(Saved data entries)
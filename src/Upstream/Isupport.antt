-- ===== src/Upstream/Isupport.antt =====
-- upstream.go, RPL_ISUPPORT: what the server tells of itself, token by token.
pub mod RoundTrip
use soju_bouncer.Prelude.{
  ℕ, zero, suc, ◌+◌, ◌-◌, ◌*◌, ◌/◌, Bool, true, false, not, Option, none, some, List, [], ◌∷◌, ◌++◌,
  if◌then◌else◌, ◌==◌, nat_eq, nat_Eq, Str, str_Eq, codes, length, get_or, take, drop, insert,
  delete, ltb,
}
use soju_bouncer.Prelude.Text.{split_once, to_lower, to_upper}
use soju_bouncer.Irc.{Message}
use soju_bouncer.Xirc.CaseMapping.{CaseMapping, parse_case_mapping, casemap_rfc1459}
use soju_bouncer.Xirc.CaseMappingMap
use soju_bouncer.Xirc.GenMsg.{decode_isupport_value}
use soju_bouncer.Xirc.Membership.{Membership}
use soju_bouncer.Modes.Channel.{ModeType, type_a, type_b, type_c, type_d, std_channel_modes}
use soju_bouncer.Upstream.Labels.{split_n}
use soju_bouncer.Upstream.Monitor.{update_monitor}
use soju_bouncer.Upstream.State.{
  UpstreamConn, UpstreamChannel, Network, Handled, done, failed, emit, need_more_params, malformed,
  updated, isupport_changed, casemapping_changed, change_each, with_members,
}
use soju_bouncer.Upstream.Members.{update_each}

abbrev pub std_memberships : List Membership
std_memberships =
    record { mode = b'q'; prefix = b'~' }
    ∷ record { mode = b'a'; prefix = b'&' }
    ∷ record { mode = b'o'; prefix = b'@' }
    ∷ record { mode = b'h'; prefix = b'%' }
    ∷ record { mode = b'v'; prefix = b'+' }
    ∷ []

abbrev pub std_channel_types : Str
std_channel_types = codes "#&+!"

abbrev modes_of : ModeType → Str → List (ℕ × ModeType) → List (ℕ × ModeType)
modes_of mt [] m = m
modes_of mt (mode ∷ s) m = modes_of mt s (insert mode mt m)

abbrev chan_modes_of : List Str → Option (List (ℕ × ModeType))
chan_modes_of (a ∷ b ∷ c ∷ d ∷ rest) =
    some (modes_of type_d d (modes_of type_c c (modes_of type_b b (modes_of type_a a []))))
chan_modes_of _ = none

-- `none` is the error.
unfoldable pub parse_chan_modes : Str → Option (List (ℕ × ModeType))
unfolding split_n insert
parse_chan_modes s = chan_modes_of (split_n 4 b',' s)

-- `strings.IndexByte`.
unfoldable pub index_byte : Str → ℕ → Option ℕ
index_byte [] c = none
index_byte (x ∷ s) c =
    if nat_eq x c then some 0 else elim (index_byte s c) [ none ↦ none | some i ↦ some (suc i) ]

-- The loop over the memberships, from index `i` on.
unfoldable pub memberships_from : Str → ℕ → ℕ → ℕ → List Membership
memberships_from s sep i zero = []
memberships_from s sep i (suc count) =
    record { mode = get_or s (i + 1) 0; prefix = get_or s (sep + i + 1) 0 }
    ∷ memberships_from s sep (i + 1) count

abbrev memberships_at : Str → Option ℕ → Option (List Membership)
memberships_at s none = none
memberships_at s (some sep) =
    if nat_eq (length s) (sep * 2) then some (memberships_from s sep 0 (length s / 2 - 1)) else none

-- handleMemberships: `none` is the error.
unfoldable pub parse_memberships : Str → Option (List Membership)
unfolding memberships_from index_byte
parse_memberships [] = some []
parse_memberships (c ∷ s) =
    if nat_eq c b'(' then memberships_at (c ∷ s) (index_byte (c ∷ s) b')') else none

pub record Token : Type 0 where
  pub parameter : Str
  pub value : Str
  pub has_value : Bool
  pub negate : Bool

abbrev cut_value : Str → Option (Str × Str) → Token
cut_value token none = record { parameter = token; value = []; has_value = false; negate = false }
cut_value token (some (parameter, value)) = record {
  parameter = parameter;
  value = decode_isupport_value value;
  has_value = true;
  negate = false;
}

abbrev normal_parameter : Str → Option (Str × Str) → Str
normal_parameter parameter none = to_upper parameter
normal_parameter parameter (some (prefix, key)) = to_lower prefix ++ b'/' ∷ to_upper key

abbrev normal : Token → Token
normal t = record t { parameter = normal_parameter t.parameter (split_once b'/' t.parameter) }

unfoldable pub parse_token : Str → Token
unfolding split_once to_lower to_upper decode_isupport_value
parse_token [] = normal (cut_value [] none)
parse_token (c ∷ token) =
    if nat_eq c b'-'
    then normal (record { parameter = token; value = []; has_value = false; negate = true })
    else normal (cut_value (c ∷ token) (split_once b'=' (c ∷ token)))

abbrev map_members : CaseMapping → UpstreamChannel → UpstreamChannel
map_members cm ch = with_members ch (CaseMappingMap.set_case_mapping ch.state.members cm)

-- updateCasemapping of user.go, on the network and on its connection; the targets of Web Push are
-- left out.
unfoldable pub update_casemapping : Network → UpstreamConn → CaseMapping → UpstreamConn
unfolding change_each
update_casemapping net uc cm =
    emit
      (record uc {
        casemap = cm;
        saved = CaseMappingMap.set_case_mapping uc.saved cm;
        delivered = CaseMappingMap.set_case_mapping uc.delivered cm;
        channels = change_each (map_members cm) (CaseMappingMap.set_case_mapping uc.channels cm);
        users = CaseMappingMap.set_case_mapping uc.users cm;
        monitored = CaseMappingMap.set_case_mapping uc.monitored cm;
      })
      (update_each net.clients (λ id. updated id casemapping_changed))

abbrev or_rfc1459 : Option CaseMapping → CaseMapping
or_rfc1459 none = casemap_rfc1459
or_rfc1459 (some cm) = cm

abbrev set_chan_modes : UpstreamConn → Option (List (ℕ × ModeType)) → Handled
set_chan_modes uc none = failed uc malformed
set_chan_modes uc (some m) =
    done (record uc { available = record uc.available { channel_modes = m } })

abbrev set_memberships : UpstreamConn → Option (List Membership) → Handled
set_memberships uc none = failed uc malformed
set_memberships uc (some m) =
    done (record uc { available = record uc.available { memberships = m } })

-- What a token means to the connection. The rate limit of soju.im/SAFERATE is left out.
unfoldable pub apply_token : Network → UpstreamConn → Token → Handled
unfolding parse_chan_modes parse_memberships update_casemapping parse_case_mapping
apply_token net uc t =
    if t.parameter == codes "CASEMAPPING"
    then done (update_casemapping net uc (or_rfc1459 (parse_case_mapping t.value)))
    else if t.parameter == codes "CHANMODES"
    then set_chan_modes uc (if t.negate then some std_channel_modes else parse_chan_modes t.value)
    else if t.parameter == codes "CHANTYPES"
    then done (record uc { channel_types = if t.negate then std_channel_types else t.value })
    else if t.parameter == codes "STATUSMSG"
    then done (record uc { status_msg = if t.negate then [] else t.value })
    else if t.parameter == codes "PREFIX"
    then set_memberships uc (if t.negate then some std_memberships else parse_memberships t.value)
    else done uc

abbrev store_token : UpstreamConn → Token → UpstreamConn
store_token uc t = record uc {
  isupport =
      if t.has_value
      then insert t.parameter (some t.value) uc.isupport
      else if not t.negate
      then insert t.parameter none uc.isupport
      else delete t.parameter uc.isupport;
}

unfoldable pub apply_tokens : Network → UpstreamConn → List Str → Handled
unfolding apply_token parse_token insert delete
apply_tokens net uc [] = done uc
apply_tokens net uc (token ∷ tokens) =
    let t = parse_token token in
    let (uc', error) = apply_token net (store_token uc t) t in
    elim error [ none ↦ apply_tokens net uc' tokens | some e ↦ (uc', some e) ]

abbrev all_applied : Network → Handled → Handled
all_applied net (uc, some e) = (uc, some e)
all_applied net (uc, none) =
    done
      (emit (update_monitor net uc) (update_each net.clients (λ id. updated id isupport_changed)))

-- All parameters but the first and the last one are tokens.
unfoldable pub handle_isupport : Network → UpstreamConn → Message → Handled
unfolding apply_tokens update_monitor
handle_isupport net uc msg =
    if ltb (length msg.params) 2
    then failed uc need_more_params
    else all_applied net (apply_tokens net uc (take (length msg.params - 2) (drop 1 msg.params)))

**Activity**.
Copy each line of the entries in which the string "length" is found.

**Answer section**.
  if◌then◌else◌, ◌==◌, nat_eq, nat_Eq, Str, str_Eq, codes, length, get_or, take, drop, insert,
    if nat_eq (length s) (sep * 2) then some (memberships_from s sep 0 (length s / 2 - 1)) else none
    if ltb (length msg.params) 2
    else all_applied net (apply_tokens net uc (take (length msg.params - 2) (drop 1 msg.params)))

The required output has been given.